Tapi saat keluhan itu dibalas dengan kalimat seperti, "Jangan gitu dong, nanti nggak bahagia," seolah-olah emosi negatif itu adalah dosa besar yang harus segera ditebus. Padahal, manusia itu diciptakan dengan spektrum emosi yang lengkap, dari bahagia hingga marah, dari tenang hingga stres. Tidak ada yang salah dengan merasa sedih, marah, atau frustrasi. Yang salah adalah mengabaikan perasaan itu hanya demi terlihat positif.
Selain itu, toxic positivity juga menciptakan jarak dalam hubungan. Misalnya, Anda curhat ke teman tentang masalah keluarga yang bikin kepala nyut-nyutan, lalu teman Anda cuma bilang, "Yuk, semangat, kamu pasti bisa!" Lama-lama Anda jadi malas curhat. Rasanya seperti berbicara dengan chatbot yang hanya bisa menjawab dengan template kalimat penyemangat. Akibatnya, Anda memendam semua emosi itu sendiri, dan bukannya membaik, justru bisa berujung pada stres berkepanjangan.
Sebenarnya, toxic positivity ini sering tidak disadari oleh pelakunya. Mereka mungkin berpikir bahwa dengan menyemangati, mereka sedang membantu. Tapi kenyataannya, tidak semua masalah butuh solusi instan.Â
Kadang, kita hanya butuh didengarkan. Misalnya, ketika Anda mengatakan, "Duh, kerjaan hari ini banyak banget, aku capek banget," respons yang ideal bukanlah, "Kamu pasti bisa kok, kerja keras itu nggak pernah sia-sia." Sebaliknya, cukup dengan, "Wah, capek banget ya, semoga bisa cepat selesai," itu saja sudah cukup membuat hati lebih lega.
Toxic positivity ini juga punya rekan sejawat yang tak kalah menyebalkan: overthinking positivity. Ini adalah versi upgrade, di mana keluhan kita justru dijadikan bahan perenungan mendalam tentang arti hidup. Contohnya, Anda bilang, "Duh, hujan terus, jemuran nggak kering-kering." Lalu teman Anda menjawab, "Ya ampun, tapi bayangin deh, orang di negara lain yang kekeringan pasti pengen banget hujan seperti kita." Loh, kok curhatan saya tentang jemuran jadi bahan perbandingan global? Saya cuma ingin baju saya kering, bukan ceramah tentang isu lingkungan.
Tentu saja, bukan berarti kita harus selalu pesimis atau menularkan energi negatif. Tapi, ada perbedaan besar antara menjadi suportif dan menjadi toksik. Menjadi suportif berarti memberikan ruang bagi orang lain untuk merasa, mendengarkan tanpa menghakimi, dan hanya memberikan saran jika diminta. Sedangkan menjadi toksik adalah berusaha "memperbaiki" perasaan orang lain dengan cara memaksakan pandangan positif, tanpa benar-benar memahami apa yang sedang mereka rasakan.
Jadi, bagaimana cara kita menghindari toxic positivity? Langkah pertama adalah belajar untuk mendengarkan. Ketika seseorang curhat, fokuslah pada apa yang mereka katakan, bukan pada respons apa yang harus Anda berikan. Tidak ada salahnya untuk mengatakan, "Aku ngerti kok, pasti berat banget." Kalimat sederhana seperti ini jauh lebih berarti daripada ceramah panjang tentang pentingnya bersyukur.

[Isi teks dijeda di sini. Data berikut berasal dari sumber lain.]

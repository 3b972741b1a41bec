-- ===== src/Prelude/Sets.antt =====
-- Python's `set` as a list without repetition.
use ehf_applications.Prelude.Tests.{if◌then◌else◌, Bool-cases}
use ehf_applications.Prelude.Equality.{Eq, ◌==◌, eq_of_beq}
use ehf_applications.Prelude.Lists.{all}
use mathlib.Core.Logic.{inl, inr}
use mathlib.Core.Path.{◌≡◌}
use mathlib.Core.Bool.{Bool, true, false, ◌||◌}
use mathlib.Core.List.{List, [], ◌∷◌}
use native.Mathlib.Omega.{arith}

module _ {ℓ} {A : Type ℓ} ⦃e : Eq A⦄ where
  -- x in s
  unfoldable pub member : A → List A → Bool
  member x [] = false
  member x (y ∷ s) = y == x || member x s

  -- s.add(x)
  unfoldable pub add : A → List A → List A
  add x [] = x ∷ []
  add x (y ∷ s) = if y == x then y ∷ s else y ∷ add x s

  pub member-add : (x y : A) (s : List A) → member y (add x s) ≡ (x == y || member y s)
  unfolding member add
  member-add x y [] = ground arith
  member-add x y (z ∷ s) =
      ground (arith, member-add x y s, e.agrees z x, e.agrees z y, e.agrees x y)

  -- A test that holds of every element holds of each.
  pub all-member :
      (p : A → Bool) (xs : List A) (x : A) → all p xs ≡ true → member x xs ≡ true → p x ≡ true
  unfolding member
  all-member p [] x h m = cc
  all-member p (y ∷ xs) x h m = elim (Bool-cases (y == x)) [
    | inl same ↦ ground (arith, eq_of_beq y x same)
    | inr other ↦ all-member p xs x (ground arith) (rw other at m)
  ]
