-- ===== src/Prelude/Actions.antt =====
-- Methods that mutate an object and may raise. What was written before a raise stays written, so
-- the state comes back beside the error too.
use mathlib.Core.Path.{◌≡◌, refl}
use mathlib.Core.Logic.{◌⊎◌, inl, inr}
use mathlib.Core.Bool.{Bool, true, false}
use mathlib.Core.Option.{Option, none, some}

pub data Result (E A : Type 0) : Type 0 where
  ok : A → Result E A
  err : E → Result E A

abbrev pub Action : Type 0 → Type 0 → Type 0 → Type 0
Action S E A = S → Result E A × S

module _ {S E A : Type 0} where
  abbrev pub pure : A → Action S E A
  pure a s = (ok a, s)

  abbrev pub raise : E → Action S E A
  raise e s = (err e, s)

  abbrev pub gets : (S → A) → Action S E A
  gets f s = (ok (f s), s)

  -- the value of an optional result, or the exception where it is `None`
  abbrev pub or_raise : Option A → E → Action S E A
  or_raise none e s = (err e, s)
  or_raise (some a) e s = (ok a, s)

module _ {S E : Type 0} where
  abbrev pub modify : (S → S) → Action S E Unit
  modify f s = (ok tt, f s)

  -- `if test: raise e`
  abbrev pub raise_if : Bool → E → Action S E Unit
  raise_if true e s = (err e, s)
  raise_if false e s = (ok tt, s)

module _ {S E A B : Type 0} where
  abbrev resume : Result E A → (A → Action S E B) → Action S E B
  resume (ok a) f s = f a s
  resume (err e) f s = (err e, s)

  infixl 5 ◌>>=◌
  abbrev pub ◌>>=◌ : Action S E A → (A → Action S E B) → Action S E B
  ◌>>=◌ m f s = let (r, s') = m s in resume r f s'

module _ {S E B : Type 0} where
  infixl 5 ◌>>◌
  abbrev pub ◌>>◌ : Action S E Unit → Action S E B → Action S E B
  m >> k = m >>= λ _. k

pub Result-cases :
    {E A : Type 0} (r : Result E A) → ((a : A) × (r ≡ ok a)) ⊎ ((e : E) × (r ≡ err e))
Result-cases (ok a) = inl (a, refl)
Result-cases (err e) = inr (e, refl)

Langkah kedua adalah mengakui bahwa tidak semua masalah butuh solusi. Kadang, keluhan itu hanya bentuk pelampiasan sementara, seperti ketika kita memarahi tembok karena tersandung kaki meja. Itu tidak berarti kita membenci meja, tapi lebih kepada bentuk ungkapan rasa sakit yang tidak tahu harus diarahkan ke mana.

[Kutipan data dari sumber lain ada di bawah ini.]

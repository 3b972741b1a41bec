-- ===== src/Prelude/Dict.antt =====
-- Python's `dict`: a key keeps its place when it is written again, and iteration is in order of
-- insertion. Clients have `dict_laws`.
use ehf_applications.Prelude.Tests.{if◌then◌else◌, Bool-cases}
use ehf_applications.Prelude.Equality.{Eq, ◌==◌}
use ehf_applications.Prelude.Lists.{All}
use mathlib.Core.Path.{◌≡◌, refl, sym, ap₂, subst}
use mathlib.Core.Logic.{inl, inr}
use mathlib.Core.Option.{Option, none, some}
use mathlib.Core.List.{List, [], ◌∷◌}
use native.Mathlib.Omega.{arith}

abbrev pub Dict {ℓ κ} : Type ℓ → Type κ → Type (ℓ ⊔ κ)
Dict K V = List (K × V)

module _ {ℓ κ} {K : Type ℓ} {V : Type κ} ⦃e : Eq K⦄ where
  -- d.get(k)
  unfoldable pub get : Dict K V → K → Option V
  get [] k = none
  get ((j, v) ∷ d) k = if j == k then some v else get d k

  -- d[k] = v
  unfoldable pub put : Dict K V → K → V → Dict K V
  put [] k v = (k, v) ∷ []
  put ((j, w) ∷ d) k v = if j == k then (j, v) ∷ d else (j, w) ∷ put d k v

  -- d.pop(k, None)
  unfoldable pub remove : Dict K V → K → Dict K V
  remove [] k = []
  remove ((j, w) ∷ d) k = if j == k then remove d k else (j, w) ∷ remove d k

  pub get-put :
      (d : Dict K V) (k j : K) (v : V) → get (put d k v) j ≡ (if k == j then some v else get d j)
  unfolding get put
  get-put [] k j v = refl
  get-put ((i, w) ∷ d) k j v =
      ground (arith, get-put d k j v, e.agrees i k, e.agrees i j, e.agrees k j)

  pub get-put_self : (d : Dict K V) (k : K) (v : V) → get (put d k v) k ≡ some v
  get-put_self d k v = ground (arith, get-put d k k v, e.agrees k k)

  pub get-remove :
      (d : Dict K V) (k j : K) → get (remove d k) j ≡ (if k == j then none else get d j)
  unfolding get remove
  get-remove [] k j = ground arith
  get-remove ((i, w) ∷ d) k j =
      ground (arith, get-remove d k j, e.agrees i k, e.agrees i j, e.agrees k j)

module _ {ℓ κ} {K : Type ℓ} {V : Type κ} where
  -- d.values()
  unfoldable pub values : Dict K V → List V
  values [] = []
  values ((k, v) ∷ d) = v ∷ values d

pub get-empty {ℓ κ} : {K : Type ℓ} {V : Type κ} ⦃e : Eq K⦄ (k : K) → get {V = V} [] k ≡ none
unfolding get
get-empty k = refl

-- Every entry of the dictionary meets `P`.
module _ {ℓ κ μ} {K : Type ℓ} {V : Type κ} ⦃e : Eq K⦄ (P : K × V → Type μ) where
  pub All-put : (d : Dict K V) (k : K) (v : V) → P (k, v) → All P d → All P (put d k v)
  unfolding put
  All-put [] k v p h = (p, tt)
  All-put ((j, w) ∷ d) k v p h = elim (Bool-cases (j == k)) [
    | inl same ↦ rw same (subst (λ i. P (i, v)) (sym ((e.agrees j k).0 same)) p, h.1)
    | inr other ↦ rw other (h.0, All-put d k v p h.1)
  ]

  pub All-get : (d : Dict K V) (k : K) {v : V} → All P d → get d k ≡ some v → P (k, v)
  unfolding get
  All-get [] k h g = cc
  All-get ((j, w) ∷ d) k {v} h g = elim (Bool-cases (j == k)) [
    | inl same ↦
        let kv : w ≡ v = ground arith in
        subst P (ap₂ (λ a b. (a, b)) ((e.agrees j k).0 same) kv) h.0
    | inr other ↦ All-get d k h.1 (rw other at g)
  ]

pub All-map {ℓ κ μ} :
    {A : Type ℓ} (P : A → Type κ) (Q : A → Type μ) (xs : List A)
    → ((x : A) → P x → Q x)
    → All P xs
    → All Q xs
All-map P Q [] f h = tt
All-map P Q (x ∷ xs) f h = (f x h.0, All-map P Q xs f h.1)

pub ruleset dict_laws = (get-put, get-put_self, get-remove, get-empty)
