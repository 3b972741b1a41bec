-- ===== src/Store/Types.antt =====
-- The records of app/documents/store.py and app/documents/keys.py, and the cipher that they use.
use ehf_applications.Prelude.{ℕ, String, ◌≡◌, Option, some, List}
use ehf_applications.Prelude.Dict.{Dict}

abbrev pub Bytes : Type 0
Bytes = List ℕ

pub record ObjectBinding : Type 0 where
  pub application_id : ℕ
  pub document_id : ℕ
  pub version_id : ℕ
  pub object_id : ℕ

pub record StoredObjectRecord : Type 0 where
  pub object_key : String
  pub key_version : ℕ
  pub envelope_version : ℕ
  pub nonce : Bytes
  pub plaintext_sha256 : Bytes
  pub ciphertext_sha256 : Bytes
  pub byte_size : ℕ

-- keys.py: `keys` maps a version to its key.
pub record Keyring : Type 0 where
  pub active_key_version : ℕ
  pub keys : Dict ℕ Bytes

-- AES-256-GCM of the package `cryptography` and SHA-256 of `hashlib`. `decrypt` answers `none` where
-- it raises InvalidTag; what it undoes is the documented behaviour of the cipher.
pub record Cipher : Type 0 where
  pub sha256 : Bytes → Bytes
  pub encrypt : Bytes → Bytes → Bytes → Bytes → Bytes
  pub decrypt : Bytes → Bytes → Bytes → Bytes → Option Bytes
  pub decrypt-encrypt :
      (key nonce plaintext aad : Bytes)
      → decrypt key nonce (encrypt key nonce plaintext aad) aad ≡ some plaintext

-- DocumentStoreError by its cause, DuplicatePlaintextError, the errors of the scanner, KeyringError,
-- and the struct.error of a key version that does not fit its two bytes
pub data StoreError : Type 0 where
  invalid_identifier empty_document storage_failed registration_failed ingestion_failed : StoreError
  integrity duplicate_plaintext malware_detected malware_unavailable keyring_error : StoreError
  struct_error : StoreError

-- what the scanner reports of a file: a clean exit, a detection, or no verdict
pub data Verdict : Type 0 where
  clean detected unavailable : Verdict
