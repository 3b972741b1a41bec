-- ===== src/Store/Objects.antt =====
-- app/documents/store.py: the encrypted objects. A file is its bytes under its object key.

use Prim.Native.Char.{code}
use Prim.Native.String.{String}
use ehf_applications.Prelude.{
  ℕ, zero, suc, ◌/◌, ◌%◌, Bool, false, ◌&&◌, ◌||◌, Option, List, [], ◌∷◌, ◌++◌, ◌==◌, leb,
  string_eq, nat_eq, pair_eq, list_eq,
}
use ehf_applications.Prelude.Dict.{Dict, get}
use ehf_applications.Store.Types.{Bytes, ObjectBinding, Keyring}

-- EncryptedObjectStore: the object files and the digests of what is registered
pub record ObjectStore : Type 0 where
  pub objects : Dict String Bytes
  pub plaintext_hashes : List (ℕ × Bytes)

abbrev hex_digits : String → ℕ → Bool
hex_digits String.[] n = n == 0
hex_digits (String.◌∷◌ c s) zero = false
hex_digits (String.◌∷◌ c s) (suc n) =
    (leb b'0' (code c) && leb (code c) b'9' || leb b'a' (code c) && leb (code c) b'f')
    && hex_digits s n

-- _OBJECT_KEY.fullmatch: 32 digits of [0-9a-f]
unfoldable pub is_object_key : String → Bool
is_object_key key = hex_digits key 32

-- identifier.bytes: big-endian, `n` bytes
abbrev pub big_endian : ℕ → ℕ → Bytes
big_endian zero x = []
big_endian (suc n) x = big_endian n (x / 256) ++ (x % 256) ∷ []

abbrev pub format_version : ℕ
format_version = 1

-- b"EHF-DOCUMENT\x00"
abbrev aad_prefix : Bytes
aad_prefix =
    b'E' ∷ b'H' ∷ b'F' ∷ b'-' ∷ b'D' ∷ b'O' ∷ b'C' ∷ b'U' ∷ b'M' ∷ b'E' ∷ b'N' ∷ b'T' ∷ 0 ∷ []

unfoldable pub aad : ObjectBinding → Bytes
aad b =
    aad_prefix
    ++ format_version ∷ big_endian 16 b.application_id
    ++ big_endian 16 b.document_id
    ++ big_endian 16 b.version_id
    ++ big_endian 16 b.object_id

-- _HEADER.pack(_MAGIC, _FORMAT_VERSION, key_version, nonce), with struct ">5sBH12s"
abbrev pub magic : Bytes
magic = b'E' ∷ b'H' ∷ b'F' ∷ b'O' ∷ b'D' ∷ []

abbrev pub header : ℕ → Bytes → Bytes
header key_version nonce =
    b'E'
    ∷ b'H'
    ∷ b'F'
    ∷ b'O'
    ∷ b'D'
    ∷ format_version
    ∷ (key_version / 256)
    ∷ (key_version % 256)
    ∷ nonce

-- Keyring.key_for
unfoldable pub key_for : Keyring → ℕ → Option Bytes
key_for ring version = get ring.keys version

-- what one call draws and meets: `secrets` and whether the file system accepts the writes
pub record Draw : Type 0 where
  pub nonce : Bytes
  pub object_key : String
  pub writable : Bool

Langkah ketiga, yang mungkin paling penting, adalah menerima bahwa tidak apa-apa untuk merasa tidak baik-baik saja. Kita tidak harus selalu kuat, tidak harus selalu bahagia. Terkadang, kita hanya perlu waktu untuk duduk, mengeluh, dan merasa lelah. Dan jika ada seseorang yang mendengarkan tanpa menghakimi, itu adalah bonus yang sangat berharga.
Jadi, jika Anda termasuk orang yang suka membalas keluhan dengan kalimat semangat, cobalah sesekali mengganti respons Anda. Dengarkan, berempati, dan jangan buru-buru memberikan solusi. Kadang, respons terbaik adalah diam sambil mengangguk dan berkata, "Iya, hidup emang kadang nyebelin." Percayalah, itu jauh lebih menenangkan daripada, "Tetap semangat, ya!"
Karena pada akhirnya, semua orang hanya ingin dimengerti, bukan diperbaiki.